The arbiter_data_available can for example be assigned to RREADY if that is the desired behavior, or '1' if there is no reliable way to qualify data availablity.

axi_write_crossbar.vhd

component axi_write_crossbar is
  generic (
    data_width : positive;
    addr_width : positive;
    num_left_ports : positive;
    left_id_widths : natural_vec_t;
    address_fifo_depths : natural_vec_t;
    data_fifo_depths : natural_vec_t;
    response_fifo_depths : natural_vec_t;
    outstanding_transaction_limits : natural_vec_t;
    port_is_asynchronous : boolean_vector
  );
  port (
    clk : in std_logic;
    -- Only need to assign if port_is_asynchronous is true for that port
    clocks_asynchronous_left : in std_logic_vector;
    --# {{}}
    left_ports_m2s : in axi_write_m2s_vec_t;
    left_ports_s2m : out axi_write_s2m_vec_t;
    --# {{}}
    right_port_m2s : out axi_write_m2s_t;
    right_port_s2m : in axi_write_s2m_t
  );
end component;

Top level that performs N-to-1 arbitration of AXI write transactions. AXI masters on the left and AXI slave on the right are assumed to be synchronous to clk unless indicated by port_is_asynchronous.

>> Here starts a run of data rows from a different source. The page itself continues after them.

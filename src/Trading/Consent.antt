-- ===== src/Trading/Consent.antt =====
-- When a trade packet can change an inventory.
use open_fusion.Common.{
  ℕ, zero, suc, ◌≡◌, refl, ap, subst, ◌∙◌, ◌⊎◌, inl, inr, Bool, true, false, ◌&&◌, ◌||◌, not,
  Option, none, some, List, [], ◌∷◌, arith, if◌then◌else◌, get_elem?,
}
use open_fusion.Common.Int.{ℤ, pos, ltb_ℤ}
use open_fusion.Player.{Item, TradeItem, Player, taros_in_trade, set_capped}
use open_fusion.Protocol.Cipher.{◌>>=◌}
use open_fusion.Player.Others.{set_capped-SameTrade}
use open_fusion.Trading.Exchange.{elem_at}
use open_fusion.Trading.World.{Ids, Effect, World, Message, modify, other_of, get_sock_from_id}
use open_fusion.Trading.Handlers.{
  Reaction, no_offer, forward, start_trading, stop_trading, set_confirm, exchange_between,
  confirmed_by, confirm_with, offer_to, accept_from, trade_offer, trade_offer_accept,
  trade_offer_refusal, trade_offer_cancel, trade_offer_abort, trade_confirm, trade_confirm_cancel,
}
use open_fusion.Trading.Register.{
  inven_item, is_inven_num, is_slot_num, put_offer, registered, unregistered, trade_register_item,
  trade_unregister_item, register_cash, trade_register_cash,
}
use open_fusion.Trading.Dispatch.{
  Request, react, req_offer, req_offer_accept, req_offer_refusal, req_offer_cancel, req_offer_abort,
  req_confirm, req_confirm_cancel, req_item_register, req_item_unregister, req_cash_register,
}

-- The inventories on the shard.
abbrev pub invens : World → List (List Item)
invens [] = []
invens (p ∷ w) = p.inven ∷ invens w

-- A confirmation in a trade of two players, the other of whom has confirmed before.
abbrev pub IsAgreed : World → ℕ → Request → Type 0
IsAgreed w sock r =
    (ids : Ids) × (other : ℕ) × (p : Player) × (p2 : Player) × (r ≡ req_confirm ids)
    × (other_of w ids ≡ some other)
    × (get_elem? w sock ≡ some p)
    × (get_elem? w other ≡ some p2)
    × (p.is_trading ≡ true)
    × (p2.is_trading ≡ true)
    × (p2.is_trade_confirm ≡ true)

modify-invens :
    (w : World) (s : ℕ) (f : Player → Player)
    → ((p : Player) → (f p).inven ≡ p.inven)
    → invens (modify w s f) ≡ invens w
modify-invens [] s f h = refl
modify-invens (p ∷ w) zero f h = ap (λ (i : List Item). i ∷ invens w) (h p)
modify-invens (p ∷ w) (suc s) f h =
    ap (λ (l : List (List Item)). p.inven ∷ l) (modify-invens w s f h)

module _ (w : World) (Q : Type 0) where
  abbrev Stays : Reaction → Type 0
  Stays none = Unit
  Stays (some (w', es)) = (invens w' ≡ invens w) ⊎ Q

  with_value :
      {A : Type 0} (o : Option A) (k : A → Reaction)
      → ((x : A) → o ≡ some x → Stays (k x))
      → Stays (o >>= k)
  with_value none k h = tt
  with_value (some x) k h = h x refl

  with_partner :
      (found : Option ℕ) (k : ℕ → Reaction)
      → ((x : ℕ) → found ≡ some x → Stays (k x))
      → Stays (elim found [ none ↦ some (w, []) | some other ↦ k other ])
  with_partner none k h = inl refl
  with_partner (some x) k h = h x refl

  if-Stays :
      (b : Bool) (x y : Reaction)
      → (b ≡ true → Stays x)
      → (b ≡ false → Stays y)
      → Stays (if b then x else y)
  if-Stays true x y h h2 = h refl
  if-Stays false x y h h2 = h2 refl

  two_modified :
      (s s2 : ℕ) (f f2 : Player → Player)
      → ((p : Player) → (f p).inven ≡ p.inven)
      → ((p : Player) → (f2 p).inven ≡ p.inven)
      → (invens (modify (modify w s f) s2 f2) ≡ invens w) ⊎ Q
  two_modified s s2 f f2 h h2 = inl (modify-invens (modify w s f) s2 f2 h2 ∙ modify-invens w s f h)

  module _ (sock : ℕ) where
    trade_offer-Stays : (ids : Ids) → Stays (trade_offer w sock ids)
    unfolding trade_offer offer_to
    trade_offer-Stays ids =
        with_partner (get_sock_from_id w ids.to) _
          (λ other f. with_value (get_elem? w other) _ (λ p e. inl refl))

    trade_offer_accept-Stays : (ids : Ids) → Stays (trade_offer_accept w sock ids)
    unfolding trade_offer_accept accept_from
    trade_offer_accept-Stays ids =
        with_partner (get_sock_from_id w ids.from) _
          (λ other f. with_value (get_elem? w other) _ (λ p e. answer other p.is_trading _ _))
      where
        answer :
            (other : ℕ) (b : Bool) (es es2 : List Effect)
            → Stays (
                some (
                  if b
                  then (w, es)
                  else (modify (modify w sock start_trading) other start_trading, es2)))
        answer other true es es2 = inl refl
        answer other false es es2 =
            two_modified sock other start_trading start_trading (λ p. refl) (λ p. refl)

    forward-Stays : (id : ℤ) (msg : Message) → Stays (forward w id msg)
    forward-Stays id msg = with_partner (get_sock_from_id w id) _ (λ other f. inl refl)

    trade_confirm_cancel-Stays : (ids : Ids) → Stays (trade_confirm_cancel w sock ids)
    unfolding trade_confirm_cancel
    trade_confirm_cancel-Stays ids =
        with_partner (other_of w ids) _
          (λ other f. two_modified sock other stop_trading stop_trading (λ p. refl) (λ p. refl))

    trade_register_item-Stays :
        (ids : Ids) (item : TradeItem) → Stays (trade_register_item w sock ids item)
    unfolding trade_register_item registered
    trade_register_item-Stays ids item =
        if-Stays (not (is_inven_num item.inven_num) || not (is_slot_num item.slot_num)) _ _
          (λ c. inl refl)
          (λ c. with_partner (other_of w ids) _ (λ other f. with_value (get_elem? w sock) _ (λ p e.
            with_value (get_elem? w other) _ (λ p2 e2.
              if-Stays (p.is_trading && p2.is_trading) _ _
                (λ on.
                  with_value
                    (get_elem?
                      (modify (modify w sock (put_offer item.slot_num item)) other
                        (set_confirm false))
                      sock)
                    _
                    (λ q e3. with_value (inven_item q item) _ (λ shown e4.
                      two_modified sock other (put_offer item.slot_num item) (set_confirm false)
                        (λ p. refl) (λ p. refl))))
                (λ off. inl refl)))))

    trade_unregister_item-Stays :
        (ids : Ids) (item : TradeItem) → Stays (trade_unregister_item w sock ids item)
    unfolding trade_unregister_item unregistered
    trade_unregister_item-Stays ids item =
        if-Stays (not (is_slot_num item.slot_num)) _ _ (λ c. inl refl)
          (λ c. with_partner (other_of w ids) _ (λ other f. with_value (get_elem? w sock) _ (λ p e.
            with_value (get_elem? w other) _ (λ p2 e2.
              if-Stays (p.is_trading && p2.is_trading) _ _
                (λ on. with_value (get_elem? w sock) _ (λ o e5.
                  with_value (elem_at o.trade item.slot_num) _ (λ old e6.
                    with_value
                      (get_elem?
                        (modify (modify w sock (put_offer item.slot_num no_offer)) other
                          (set_confirm false))
                        sock)
                      _
                      (λ q e3. with_value (inven_item q old) _ (λ shown e4.
                        two_modified sock other (put_offer item.slot_num no_offer)
                          (set_confirm false) (λ p. refl) (λ p. refl))))))
                (λ off. inl refl)))))

    trade_register_cash-Stays :
        (ids : Ids) (candy : ℤ) → Stays (trade_register_cash w sock ids candy)
    unfolding trade_register_cash register_cash
    trade_register_cash-Stays ids candy = with_value (get_elem? w sock) _ (λ p e.
        if-Stays (ltb_ℤ candy (pos 0) || ltb_ℤ p.money candy) _ _ (λ c. inl refl)
          (λ c. with_partner (other_of w ids) _ (λ other f.
            two_modified other sock (set_confirm false)
              (λ p. set_confirm false (set_capped p taros_in_trade candy)) (λ p. refl)
              (λ p. (set_capped-SameTrade p taros_in_trade candy).0))))

    trade_confirm-Stays :
        (ids : Ids)
        → ((other : ℕ) (p p2 : Player)
            → other_of w ids ≡ some other
            → get_elem? w sock ≡ some p
            → get_elem? w other ≡ some p2
            → p.is_trading && p2.is_trading ≡ true
            → p2.is_trade_confirm ≡ true
            → Q)
        → Stays (trade_confirm w sock ids)
    unfolding trade_confirm confirm_with confirmed_by
    trade_confirm-Stays ids agreed = with_partner (other_of w ids) _ (λ other f.
        with_value (get_elem? w sock) _ (λ p e. with_value (get_elem? w other) _ (λ p2 e2.
          if-Stays (not (p.is_trading && p2.is_trading)) _ _
            (λ off. two_modified sock other stop_trading stop_trading (λ p. refl) (λ p. refl))
            (λ on.
              if-Stays (not p2.is_trade_confirm) _ _
                (λ c. inl (modify-invens w sock (set_confirm true) (λ p. refl)))
                (λ c.
                  settled (exchange_between w sock other ids p p2)
                    (agreed other p p2 f e e2 (ground arith) (ground arith)))))))
      where
        settled : (o : Reaction) → Q → Stays o
        settled none q = tt
        settled (some r) q = inr q

stays : (w : World) (sock : ℕ) (r : Request) → Stays w (IsAgreed w sock r) (react w sock r)
unfolding trade_offer_refusal trade_offer_cancel trade_offer_abort
stays w sock (req_offer ids) = trade_offer-Stays w _ sock ids
stays w sock (req_offer_accept ids) = trade_offer_accept-Stays w _ sock ids
stays w sock (req_offer_refusal ids) = forward-Stays w _ sock ids.from _
stays w sock (req_offer_cancel ids) = forward-Stays w _ sock ids.from _
stays w sock (req_offer_abort ids) = forward-Stays w _ sock ids.from _
stays w sock (req_confirm ids) =
    trade_confirm-Stays w _ sock ids
      (λ other p p2 f e e2 on c. (ids, other, p, p2, refl, f, e, e2, ground arith, ground arith, c))
stays w sock (req_confirm_cancel ids) = trade_confirm_cancel-Stays w _ sock ids
stays w sock (req_item_register ids item) = trade_register_item-Stays w _ sock ids item
stays w sock (req_item_unregister ids item) = trade_unregister_item-Stays w _ sock ids item
stays w sock (req_cash_register ids candy) = trade_register_cash-Stays w _ sock ids candy

-- A trade packet that is handled leaves all inventories as they are, unless it is a confirmation by
-- a player who trades, while the other player of the packet trades too and has confirmed before.
pub react_moves_by_consent :
    (w : World) (sock : ℕ) (r : Request) (w' : World) (es : List Effect)
    → react w sock r ≡ some (w', es)
    → (invens w' ≡ invens w) ⊎ IsAgreed w sock r
react_moves_by_consent w sock r w' es h = subst (Stays w (IsAgreed w sock r)) h (stays w sock r)
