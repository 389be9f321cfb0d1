-- ===== src/Tests/UpdateExamples.antt =====
-- The theorems on whole updates at a concrete document: "abc" typed by client 7, of which "c" is
-- deleted again, under the root "t". The first two items make one run.
use cert_yjs.Base.{
  ℕ, ◌≡◌, refl, subst, true, none, some, List, [], ◌∷◌, ◌==◌, if◌then◌else◌, add64, sub64, arith,
  done, All,
}
use cert_yjs.Ident.{Client, ItemId}
use cert_yjs.Span.{OrderRange, DeletedSet, contains, add_range}
use cert_yjs.Item.{Item, Ptr, deleted}
use cert_yjs.Heap.{Heap}
use cert_yjs.Store.{Store}
use cert_yjs.Wire.Decode.{decode_update_items}
use cert_yjs.Wire.Encode.{join_runs, run_units, ranges_of}
use cert_yjs.Wire.EncodeUpdate.{
  encode_update, sorted_clients_desc, sort_runs, keys_of, gather_item, items_of,
  generate_delete_set, add_key,
}
use cert_yjs.Wire.Reread.{all_spans, IsSmallRanges}
use cert_yjs.Wire.Gather.{Lists}
use cert_yjs.Wire.RoundTrip.{
  Encodable, gathered_of, clients_of, deleted_of, deleted_clients, held_of,
}
use cert_yjs.Wire.Replica.{client_updates, Kept, decode_update_items-client_updates}
use cert_yjs.Wire.Tombstones.{dead_among, generate_delete_set-tombstones}
use cert_yjs.Tests.Fixtures.{unit_item, word_store}

abbrev typed_item : Ptr → Item
typed_item p =
    if p == 0
    then unit_item 0 2 97 none (some 1)
    else if p == 1
    then record (unit_item 1 2 98 (some 0) (some 2)) {
      origin_left_id = some (record { client_id = 7; clock = 0 });
    }
    else record (unit_item 2 6 99 (some 1) none) {
      origin_left_id = some (record { client_id = 7; clock = 1 });
    }

abbrev typed : Heap
typed = record {
  item_at = typed_item;
  next_item = 3;
  type_at = λ t. record { start = some 0; len = 2 };
  next_type = 1;
}

abbrev typed_doc : Store
typed_doc = record (word_store 3) { heap = typed; types = (116 ∷ [], 0) ∷ [] }

abbrev typed_ptrs : List Ptr
typed_ptrs = 0 ∷ 1 ∷ 2 ∷ []

typed-Lists : Lists typed (λ t. typed_ptrs) typed_doc.types
typed-Lists =
    (record { chain = (refl, refl, (refl, refl, (refl, refl, refl))); fits = omega arith }, tt)

same_range : (r r' : OrderRange) → some r ≡ some r' → IsSmallRanges r → IsSmallRanges r'
same_range r r' e s = subst IsSmallRanges (cc e) s

typed-Encodable : Encodable (λ units. units) (λ s. s) typed_doc (λ t. typed_ptrs)
unfolding sorted_clients_desc sort_runs keys_of gather_item items_of join_runs run_units deleted
    add_key add_range ranges_of add64 sub64
typed-Encodable = record {
  lists = typed-Lists;
  clients = (
    record {
      few = omega arith;
      client = omega arith;
      clock = omega arith;
      carried = (
        record { left = tt; right = tt; name_fits = omega arith; fits = omega arith; same = refl },
        (
          record {
            left = (omega arith, omega arith);
            right = tt;
            name_fits = omega arith;
            fits = omega arith;
            same = refl;
          },
          tt,
        ),
      );
    },
    tt,
  );
  few_clients = omega arith;
  deletes = ((omega arith, λ r e. same_range _ r e ((omega arith, tt), omega arith)), tt);
  few_deletes = omega arith;
}

typed-Kept :
    All
      (Kept typed (gathered_of typed_doc (λ t. typed_ptrs)))
      (clients_of typed_doc (λ t. typed_ptrs))
unfolding sorted_clients_desc sort_runs keys_of gather_item items_of join_runs run_units deleted
    add64 sub64
typed-Kept = (
  record {
    holding = (omega arith, (omega arith, (omega arith, tt)));
    gapless = (refl, refl, (refl, refl, (refl, refl, tt)));
    clock = omega arith;
    short = (omega arith, (omega arith, tt));
  },
  tt,
)

decode_update_items-client_updates_example :
    (bytes : List ℕ) × (encode_update (λ units. units) typed_doc ≡ done bytes)
    × (decode_update_items (λ s. s) bytes
        ≡ done (
          true,
          client_updates typed
              (gathered_of typed_doc (λ t. typed_ptrs))
              (clients_of typed_doc (λ t. typed_ptrs)),
          all_spans (
              held_of
                (deleted_of typed_doc (λ t. typed_ptrs)).1
                (deleted_clients typed_doc (λ t. typed_ptrs))),
        ))
decode_update_items-client_updates_example =
    decode_update_items-client_updates (λ units. units) (λ s. s) typed_doc (λ t. typed_ptrs)
      typed-Encodable typed-Kept

generate_delete_set-tombstones_example :
    (keys : List Client) × (ds : DeletedSet) × (generate_delete_set typed_doc ≡ done (keys, ds))
    × ((i : ItemId) → contains ds i ≡ dead_among typed (λ t. typed_ptrs) typed_doc.types i)
generate_delete_set-tombstones_example =
    generate_delete_set-tombstones typed_doc (λ t. typed_ptrs) typed-Lists
      ((omega arith, (omega arith, (omega arith, tt))), tt)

This top level can be seen as a wrapper that instantiates axi_write_crossbar_core. On top of the core it adds (asynchronous) FIFOs for flow control, and a limiter for number of outstanding transactions.

It has the same generics as axi_read_crossbar but with response_fifo_depths added. This generic controls the depth of the optional FIFO for the write response channel (B). Set to 0 to disable. One value for each port.

axi_write_crossbar_core.vhd

component axi_write_crossbar_core is
  generic (
    num_left_ports : positive;
    left_id_widths : natural_vec_t
  );
  port (
    clk : in std_logic;
    --# {{}}
    arbiter_data_available : in std_logic_vector;
    --# {{}}
    left_ports_m2s : in axi_write_m2s_vec_t;
    left_ports_s2m : out axi_write_s2m_vec_t;
    --# {{}}
    right_port_m2s : out axi_write_m2s_t;
    right_port_s2m : in axi_write_s2m_t
  );
end component;

Core functionaly for N-to-1 AXI write arbitration.

The arbitration will “lock on” to a left port when AWVALID and arbiter_data_available is asserted for that port. This is to avoid cases where an address transaction is sent through but there is no data available for a while.

The arbiter_data_available can for example be assigned to WVALID if that is the desired behavior, or '1' if there is no reliable way to qualify data availablity.

response_arbiter.vhd

component response_arbiter is
  generic (
    num_channels : positive;
    id_widths : natural_vec_t
  );
  port(
    clk : in std_logic;
    --# {{}}
    response_id : in unsigned;
    response_select : out integer range id_widths'range
  );
end component;

Selects where a response shall be routed based on the ID.